The problem:
Only the line containing "abbrev pub max_retry_delay : ℕ" and the lines after it, up to the end of the listing, should be written out, each exactly as given.

Data records:
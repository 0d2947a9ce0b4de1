-- ===== src/Server/Reporter.antt =====
-- internal/server/reporter/reporter.go: how a mirror reports itself to the server, on one stream
-- after another.
--
-- What `select` receives is an event, in the order in which it is received, with the value that
-- `r.calls` gives where it is called. A stream is a history of what was sent on it; that a send fails
-- ends the stream, after the event that it belongs to. A duration is a number of nanoseconds, and a
-- random number is an argument. A stream that cannot be opened is one without events.
pub mod Streams
pub mod Backoff
pub mod Tests
use Prim.Native.Nat.{min}
use spectre.Prelude.{
  ℕ, suc, ◌+◌, ◌-◌, ◌*◌, ◌/◌, ◌%◌, Bool, true, false, not, ◌||◌, Option, none, some, List, [], ◌∷◌,
  Text, ltb, if◌then◌else◌,
}
use spectre.Prelude.Assoc.{insert}
use spectre.Model.{
  Direction, direction_eq, Quarantine, Calls, calls_equal, State, Update, state_update,
  quarantine_update, calls_update,
}

-- `Reporter`; `started` is when its uptime began.
pub record Reporter : Type 0 where
  pub service : Text
  pub environment : Text
  pub revision : Text
  pub spectre_version : Text
  pub started : ℕ
  pub quarantines : List (Direction × Quarantine)

-- `state`, at a time and with what `r.calls` gives.
unfoldable pub state : Reporter → ℕ → Calls → State
state r now calls = record {
  service = r.service;
  environment = r.environment;
  revision = r.revision;
  spectre_version = r.spectre_version;
  uptime = now - r.started;
  quarantines = r.quarantines;
  calls = calls;
}

-- A message of the stream.
pub data Sent : Type 0 where
  sent_update : Update → Sent
  sent_keepalive : Sent

-- What the loop of `stream` receives, but for the events that only end it.
pub data Event : Type 0 where
  keepalive_due : Calls → Event
  quarantine_begun : Direction → Quarantine → Event

-- The variables of `stream`; what was sent stands latest first.
pub record Stream : Type 0 where
  pub reporter : Reporter
  pub sent : Calls
  pub messages : List Sent

-- `stream`, up to its loop.
unfoldable pub open_stream : Reporter → ℕ → Calls → Stream
open_stream r now calls = record {
  reporter = r;
  sent = calls;
  messages = sent_update (state_update (state r now calls)) ∷ [];
}

-- The body of the loop of `stream`. A quarantine is recorded before it is sent.
unfoldable pub handle : Stream → Event → Stream
handle s (keepalive_due calls) =
    if not (calls_equal calls s.sent)
    then record s { sent = calls; messages = sent_update (calls_update calls) ∷ s.messages }
    else record s { messages = sent_keepalive ∷ s.messages }
handle s (quarantine_begun d q) = record s {
  reporter = record s.reporter { quarantines = insert d q s.reporter.quarantines };
  messages = sent_update (quarantine_update d q) ∷ s.messages;
}

-- The loop of `stream`, up to its end.
unfoldable pub handle_all : Stream → List Event → Stream
handle_all s [] = s
handle_all s (e ∷ events) = handle_all (handle s e) events

-- A stream of `Run`: when it opens, with which calls, and what happens on it until it ends.
pub record Session : Type 0 where
  pub now : ℕ
  pub calls : Calls
  pub events : List Event

-- The streams of `Run`, one after the other.
unfoldable pub run : Reporter → List Session → Reporter
run r [] = r
run r (s ∷ sessions) = run (handle_all (open_stream r s.now s.calls) s.events).reporter sessions

-- `minRetryDelay` and `maxRetryDelay`.
abbrev pub min_retry_delay : ℕ
min_retry_delay = 1000000000

abbrev pub max_retry_delay : ℕ
max_retry_delay = 60000000000

-- `jitter`, with a random number that `rand.N` cuts to its range.
unfoldable pub jitter : ℕ → ℕ → ℕ
jitter d random = d / 2 + random % (d / 2 + 1)

-- The delay that `Run` has after a stream, before it waits.
unfoldable pub delay_after : ℕ → Bool → ℕ → ℕ
delay_after delay lost lasted =
    if not lost || ltb max_retry_delay lasted then min_retry_delay else delay

-- The delay that the next stream begins with.
unfoldable pub next_delay : ℕ → Bool → ℕ → ℕ
next_delay delay lost lasted =
    let current = delay_after delay lost lasted in
    if lost then min (current * 2) max_retry_delay else current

Exercise solution:
abbrev pub max_retry_delay : ℕ
max_retry_delay = 60000000000

-- `jitter`, with a random number that `rand.N` cuts to its range.
unfoldable pub jitter : ℕ → ℕ → ℕ
jitter d random = d / 2 + random % (d / 2 + 1)

-- The delay that `Run` has after a stream, before it waits.
unfoldable pub delay_after : ℕ → Bool → ℕ → ℕ
delay_after delay lost lasted =
    if not lost || ltb max_retry_delay lasted then min_retry_delay else delay

-- The delay that the next stream begins with.
unfoldable pub next_delay : ℕ → Bool → ℕ → ℕ
next_delay delay lost lasted =
    let current = delay_after delay lost lasted in
    if lost then min (current * 2) max_retry_delay else current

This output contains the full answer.